**Problem statement**
Where does the string "AodvHeader" appear? Copy every line of the entries below that holds it.

Source material below:

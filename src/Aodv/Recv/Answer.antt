-- ===== src/Aodv/Recv/Answer.antt =====
-- A request at the node that it is for.
use aqua_sim_ng.Address.{address_key}
use aqua_sim_ng.Aodv.Header.{AodvHeader, is_unknown_dest_seq_no, uwaodv_rrep}
use aqua_sim_ng.Aodv.Recv.{answer_rreq, catch_up, key_of}
use aqua_sim_ng.Aodv.Reply.{send_rrep_via, transmit_rrep}
use aqua_sim_ng.Aodv.Rerr.Targets.{messages}
use aqua_sim_ng.Aodv.Send.{create_packet, send_down}
use aqua_sim_ng.Aodv.SeqNo.{is_seq_no_newer}
use aqua_sim_ng.Aodv.State.{Env, Node, request_key}
use aqua_sim_ng.Prelude.{arith, false, true, ℕ, ◌<◌, ◌^◌, ◌∷◌, ◌≡◌, ◌≢◌, ◌⊎◌}
use aqua_sim_ng.Prelude.KeySet.{contains, contains-include_self}

-- A request at its destination that names a known sequence number, where requests are not
-- collected, is answered at once, with one packet to the neighbour it came from, and is then seen.
-- The answer carries the sequence number that the node then has. If the numbers fit 32 bits, and the
-- node had one that is not 0 or the request's is not 2 ^ 31, then the answer's is not 0 and not the
-- request's, and the request's is not newer.
pub answer_rreq_lem :
    (env : Env) (aodv : AodvHeader) (previous_hop : ℕ) (n : Node)
    → aodv.dest_seq_no < 2 ^ 32
    → n.sequence_number < 2 ^ 32
    → (0 < n.sequence_number) ⊎ (aodv.dest_seq_no ≢ 2 ^ 31)
    → n.enable_rreq_collection ≡ false
    → is_unknown_dest_seq_no aodv ≡ false
    → let r = answer_rreq env aodv previous_hop n in
      let s = r.0.sequence_number in
      (r.1 ≡ true)
      × (messages r.0.out ≡ (previous_hop, uwaodv_rrep, n.address, s) ∷ messages n.out)
      × (0 < s)
      × (s < 2 ^ 32)
      × (s ≢ aodv.dest_seq_no)
      × (is_seq_no_newer aodv.dest_seq_no s ≡ false)
      × (contains (key_of aodv) r.0.seen_rreqs ≡ true)
unfolding answer_rreq catch_up is_seq_no_newer messages send_rrep_via transmit_rrep create_packet
    send_down
answer_rreq_lem env aodv previous_hop n bound own started off known = (
  ground arith,
  ground arith,
  ground arith,
  ground arith,
  ground arith,
  ground arith,
  ground (arith, contains-include_self (key_of aodv) n.seen_rreqs),
)
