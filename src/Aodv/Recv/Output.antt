-- ===== src/Aodv/Recv/Output.antt =====
-- A packet from above for a destination that is not known.
use aqua_sim_ng.Address.{address_key, broadcast}
use aqua_sim_ng.Aodv.Data.{forward_data_packet, pending, report_stale_route}
use aqua_sim_ng.Aodv.Discovery.{get_rreq_timeout, next_hop_limit, send_rreq, start_route_discovery}
use aqua_sim_ng.Aodv.Discovery.Request.{send_rreq-routes, send_rreq_lem}
use aqua_sim_ng.Aodv.Discovery.Stuck.{enqueued, forward_missing}
use aqua_sim_ng.Aodv.Header.{uwaodv_rreq}
use aqua_sim_ng.Aodv.Recv.{output_packet}
use aqua_sim_ng.Aodv.State.{AodvPacket, Env, Node, inc32, schedule_timeout, transmit}
use aqua_sim_ng.Aodv.Table.{is_broadcast_destination, lookup_route}
use aqua_sim_ng.Prelude.{
  [], arith, false, get_or, length, none, refl, some, true, ℕ, ◌++◌, ◌<◌, ◌==◌, ◌∙◌, ◌∷◌, ◌≡◌, ◌≢◌,
}
use aqua_sim_ng.Prelude.KeySet.{contains, contains-include_self, include}
use aqua_sim_ng.Prelude.Map.{find, find-insert_self, insert}

module _ (env : Env) (p : AodvPacket) (d : ℕ) (n : Node) where
  -- The node with the packet in the queue, before the request.
  abbrev searching : Node
  searching = record n {
    pending_queue = insert d (pending d n ++ p ∷ []) n.pending_queue;
    stats = record (n.stats) { queued_packets = inc32 n.stats.queued_packets };
    active_discoveries = include d n.active_discoveries;
    rreq_attempts = insert d 0 n.rreq_attempts;
  }

  forward_unknown : find d n.route_table ≡ none → forward_data_packet env p d n ≡ (n, false)
  unfolding lookup_route report_stale_route
  forward_unknown unknown =
      rw (forward_missing env p d n (rw (unknown, lookup_route) refl))
        (rw (unknown, report_stale_route) refl)

  output_searches :
      d ≢ n.address
      → is_broadcast_destination d ≡ false
      → find d n.route_table ≡ none
      → contains d n.active_discoveries ≡ false
      → length (pending d n) < n.max_queue_len
      → output_packet env p d n ≡ (send_rreq env d searching, true)
  unfolding output_packet start_route_discovery
  output_searches away unicast unknown idle room =
      let elsewhere : (d == n.address) ≡ false = ground arith in
      rw (elsewhere, output_packet)
        (rw unicast (rw (forward_unknown unknown) (rw (enqueued d p n room) (rw idle refl))))

  -- The first packet from above for another node that is not in the table joins the queue, if there
  -- is room, and starts a discovery: one request for that node is handed down to every neighbour,
  -- and its timeout as the first attempt is scheduled.
  pub output_packet_lem :
      d ≢ n.address
      → is_broadcast_destination d ≡ false
      → find d n.route_table ≡ none
      → contains d n.active_discoveries ≡ false
      → length (pending d n) < n.max_queue_len
      → let r = output_packet env p d n in
        (r.1 ≡ true)
        × (find d r.0.pending_queue ≡ some (pending d n ++ p ∷ []))
        × (contains d r.0.active_discoveries ≡ true)
        × (find d r.0.rreq_attempts ≡ some 1)
        × (wait delay : ℕ) × (q : AodvPacket) × (r.0.out
            ≡ schedule_timeout wait d 1 ∷ transmit delay q ∷ n.out)
        × (q.aodv.type ≡ uwaodv_rreq)
        × (q.aodv.destination ≡ d)
        × (q.ash.next_hop ≡ broadcast)
  output_packet_lem away unicast unknown idle room =
      let (delay, q, out, attempts, _, everyone, _, type, _, destination, _, _, _, _, _, _) =
        send_rreq_lem env d searching in
      let (_, _, _, queue, active, _, _) = send_rreq-routes env d searching in
      let first : inc32 (get_or (find d searching.rreq_attempts) 0) ≡ 1 =
        rw (find-insert_self d 0 n.rreq_attempts) refl in
      rw (output_searches away unicast unknown idle room) (
        refl,
        rw queue (find-insert_self d (pending d n ++ p ∷ []) n.pending_queue),
        rw active (contains-include_self d n.active_discoveries),
        attempts ∙ rw first refl,
        get_rreq_timeout (next_hop_limit d 1 searching) searching,
        delay,
        q,
        out ∙ rw first refl,
        type,
        destination,
        everyone,
      )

End of Source material.

**Task answer**
use aqua_sim_ng.Aodv.Header.{AodvHeader, is_unknown_dest_seq_no, uwaodv_rrep}
    (env : Env) (aodv : AodvHeader) (previous_hop : ℕ) (n : Node)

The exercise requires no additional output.